This is a follow-up question for the one described here.
Evaluate $$\lim\limits_{r \to \infty} r-\frac{\sqrt{r}}{e^{r}}\sum_{n=0}^{\infty}\frac{\Gamma{(n+3/2)}r^n}{(n!)^2}=1/4$$
There is a related but not complete answer here. But, I was not sure how to complete it. Also, one might write $\frac{\sqrt{r}}{e^{r}}\sum_{n=0}^{\infty}\frac{\Gamma{(n+3/2)}r^n}{(n!)^2}$ in terms of Bessel Functions and then use the expansion of the Bessel Functions.

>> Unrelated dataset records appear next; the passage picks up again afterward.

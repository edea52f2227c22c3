-- ===== src/Line/Names.antt =====
-- What each column of the ESP32-CSI-Tool line is for, by the names in its header line.
use esp_csi_rs.Base.{
  ℕ, zero, suc, ◌≤◌, ◌≡◌, refl, sym, ap, ◌∙◌, List, [], ◌∷◌, ◌++◌, map, min, Bool-cases, inl, inr,
  ◌==◌, if◌then◌else◌, length, take, arith,
}
use native.Mathlib.Decide.{dec_le}
use esp_csi_rs.Base.Text.{codes}
use esp_csi_rs.Base.Int.{ℤ}
use esp_csi_rs.Row.{ChipRow, ClassicRow, TextRow}
use esp_csi_rs.Line.{Column, Role, emit_len, esp_csi_tool_header, role_text, tool_columns}
use esp_csi_rs.Line.Split.{split}

pub data Name : Type 0 where
  kind : Name
  role : Name
  mac : Name
  rssi : Name
  rate : Name
  sig_mode : Name
  mcs : Name
  bandwidth : Name
  smoothing : Name
  not_sounding : Name
  aggregation : Name
  stbc : Name
  fec_coding : Name
  sgi : Name
  noise_floor : Name
  ampdu_cnt : Name
  channel : Name
  secondary_channel : Name
  local_timestamp : Name
  ant : Name
  sig_len : Name
  rx_state : Name
  real_time_set : Name
  real_timestamp : Name
  len : Name

abbrev pub name_text : Name → List ℕ
name_text Name.kind = codes "type"
name_text Name.role = codes "role"
name_text Name.mac = codes "mac"
name_text Name.rssi = codes "rssi"
name_text Name.rate = codes "rate"
name_text Name.sig_mode = codes "sig_mode"
name_text Name.mcs = codes "mcs"
name_text Name.bandwidth = codes "bandwidth"
name_text Name.smoothing = codes "smoothing"
name_text Name.not_sounding = codes "not_sounding"
name_text Name.aggregation = codes "aggregation"
name_text Name.stbc = codes "stbc"
name_text Name.fec_coding = codes "fec_coding"
name_text Name.sgi = codes "sgi"
name_text Name.noise_floor = codes "noise_floor"
name_text Name.ampdu_cnt = codes "ampdu_cnt"
name_text Name.channel = codes "channel"
name_text Name.secondary_channel = codes "secondary_channel"
name_text Name.local_timestamp = codes "local_timestamp"
name_text Name.ant = codes "ant"
name_text Name.sig_len = codes "sig_len"
name_text Name.rx_state = codes "rx_state"
name_text Name.real_time_set = codes "real_time_set"
name_text Name.real_timestamp = codes "real_timestamp"
name_text Name.len = codes "len"

-- The columns before the samples, in the order of the header line.
abbrev pub header_names : List Name
header_names =
    Name.kind ∷ Name.role ∷ Name.mac ∷ Name.rssi ∷ Name.rate ∷ Name.sig_mode ∷ Name.mcs
    ∷ Name.bandwidth ∷ Name.smoothing ∷ Name.not_sounding ∷ Name.aggregation ∷ Name.stbc
    ∷ Name.fec_coding ∷ Name.sgi ∷ Name.noise_floor ∷ Name.ampdu_cnt ∷ Name.channel
    ∷ Name.secondary_channel ∷ Name.local_timestamp ∷ Name.ant ∷ Name.sig_len ∷ Name.rx_state
    ∷ Name.real_time_set ∷ Name.real_timestamp ∷ Name.len ∷ []

-- A cap of 0 shows all samples.
abbrev pub shown : ℕ → TextRow → List ℤ
shown cap row = if cap == 0 then row.samples else take cap row.samples

-- What only a classic chip reports; the others print a zero.
abbrev pub reported : (ClassicRow → ℕ) → ChipRow → Column
reported f (ChipRow.classic c) = Column.number (f c)
reported f (ChipRow.ax6 a sigb_len cur_single_mpdu rxmatch0) = Column.constant (codes "0")
reported f (ChipRow.ax5 a) = Column.constant (codes "0")

-- What the column says in the line of a row.
abbrev pub value_of : Role → ℕ → TextRow → Name → Column
value_of own cap row Name.kind = Column.constant (codes "CSI_DATA")
value_of own cap row Name.role = Column.constant (role_text own)
value_of own cap row Name.mac = Column.address row.mac
value_of own cap row Name.rssi = Column.integer row.rssi
value_of own cap row Name.rate = Column.number row.rate
value_of own cap row Name.sig_mode = reported (λ c. c.sig_mode) row.by_chip
value_of own cap row Name.mcs = reported (λ c. c.mcs) row.by_chip
value_of own cap row Name.bandwidth = reported (λ c. c.bandwidth) row.by_chip
value_of own cap row Name.smoothing = reported (λ c. c.smoothing) row.by_chip
value_of own cap row Name.not_sounding = reported (λ c. c.not_sounding) row.by_chip
value_of own cap row Name.aggregation = reported (λ c. c.aggregation) row.by_chip
value_of own cap row Name.stbc = reported (λ c. c.stbc) row.by_chip
value_of own cap row Name.fec_coding = reported (λ c. c.fec_coding) row.by_chip
value_of own cap row Name.sgi = reported (λ c. c.sgi) row.by_chip
value_of own cap row Name.noise_floor = Column.integer row.noise_floor
value_of own cap row Name.ampdu_cnt = reported (λ c. c.ampdu_cnt) row.by_chip
value_of own cap row Name.channel = Column.number row.channel
value_of own cap row Name.secondary_channel = reported (λ c. c.secondary_channel) row.by_chip
value_of own cap row Name.local_timestamp = Column.number row.timestamp
value_of own cap row Name.ant = reported (λ c. c.antenna) row.by_chip
value_of own cap row Name.sig_len = Column.number row.sig_len
value_of own cap row Name.rx_state = Column.number row.rx_state
value_of own cap row Name.real_time_set = Column.number (if row.date_time_set then 1 else 0)
value_of own cap row Name.real_timestamp = Column.seconds row.timestamp
value_of own cap row Name.len = Column.number (length (shown cap row))

abbrev pub header_columns : Role → ℕ → TextRow → List Column
header_columns own cap row = map (value_of own cap row) header_names

-- The header line names the columns in that order, and the samples last.
pub split-esp_csi_tool_header :
    split esp_csi_tool_header ≡ map name_text header_names ++ ((codes "CSI_DATA" ++ (10 ∷ [])) ∷ [])
unfolding split
split-esp_csi_tool_header = refl

take_all {ℓ} : {A : Type ℓ} (n : ℕ) (xs : List A) → length xs ≤ n → take n xs ≡ xs
take_all zero [] h = refl
take_all (suc n) [] h = refl
take_all zero (x ∷ xs) h = absurd (omega arith)
take_all (suc n) (x ∷ xs) h = ap (λ ys. x ∷ ys) (take_all n xs (omega arith))

take-min {ℓ} : {A : Type ℓ} (n : ℕ) (xs : List A) → take (min (length xs) n) xs ≡ take n xs
take-min n xs = elim (dec_le (length xs) n) [
  | yes h ↦
      let e : min (length xs) n ≡ length xs = ground (arith, h) in
      ap (λ k. take k xs) e ∙ take_all (length xs) xs (omega arith) ∙ sym (take_all n xs h)
  | no h ↦ let e : min (length xs) n ≡ n = ground (arith, h) in ap (λ k. take k xs) e
]

-- The samples that the code prints.
pub take-emit_len : (cap : ℕ) (row : TextRow) → take (emit_len cap row) row.samples ≡ shown cap row
take-emit_len cap row = elim (Bool-cases (cap == 0)) [
  | inl e ↦ rw e (take_all (length row.samples) row.samples (omega arith))
  | inr e ↦ rw e (take-min cap row.samples)
]

-- The columns that the code prints.
pub tool_columns-header_columns :
    (own : Role) (cap : ℕ) (row : TextRow) (chip : ChipRow)
    → row.by_chip ≡ chip
    → emit_len cap row ≡ length (shown cap row)
    → tool_columns own cap row ≡ header_columns own cap row
unfolding tool_columns
tool_columns-header_columns own cap row (ChipRow.classic c) e n = ground (arith, e, n)
tool_columns-header_columns own cap row (ChipRow.ax6 a sigb_len cur_single_mpdu rxmatch0) e n =
    ground (arith, e, n)
tool_columns-header_columns own cap row (ChipRow.ax5 a) e n = ground (arith, e, n)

I think that, in the previous post, skbmoore's answer gives the key $$\sum_{n=0}^{\infty}\frac{\Gamma{(n+3/2)}\,r^n}{(n!)^2}=\frac{\sqrt{\pi }}{2} e^{r/2} \left((r+1) I_0\left(\frac{r}{2}\right)+r I_1\left(\frac{r}{2}\right)\right)$$ $$y= r-\frac{\sqrt{r}}{e^{r}}\sum_{n=0}^{\infty}\frac{\Gamma{(n+3/2)}r^n}{(n!)^2}=r-\frac{\sqrt{\pi r}}{2} e^{-r/2} \left((r+1) I_0\left(\frac{r}{2}\right)+r I_1\left(\frac{r}{2}\right)\right)$$
Now, using equation $9.7.1$ in page $377$ of the Handbook of Mathematical Functions by Abramowitz and Stegun we have, for large values of $z$ $$I_0(z)\sim \frac{e^z}{\sqrt{2 \pi z } }\left(1+\frac{1}{8 z}+\frac{9}{128 z^2}+\frac{75}{1024 z^3}+O\left(\frac{1}{z^4}\right)\right)$$ $$I_1(z)\sim \frac{e^z}{\sqrt{2 \pi z } }\left(1-\frac{3}{8 z}-\frac{15}{128 z^2}-\frac{105}{1024 z^3}+O\left(\frac{1}{z^4}\right)\right)$$ which lead to $$y=-\frac{1}{4}-\frac{1}{32 r}-\frac{3}{128 r^2}-\frac{75}{256 r^3}+O\left(\frac{1}{r^4}\right)$$
Consider $r=10$ : the exact value would be $y\approx -0.253411$ while the above expansion leads to $-\frac{12987}{51200}\approx -0.253652$.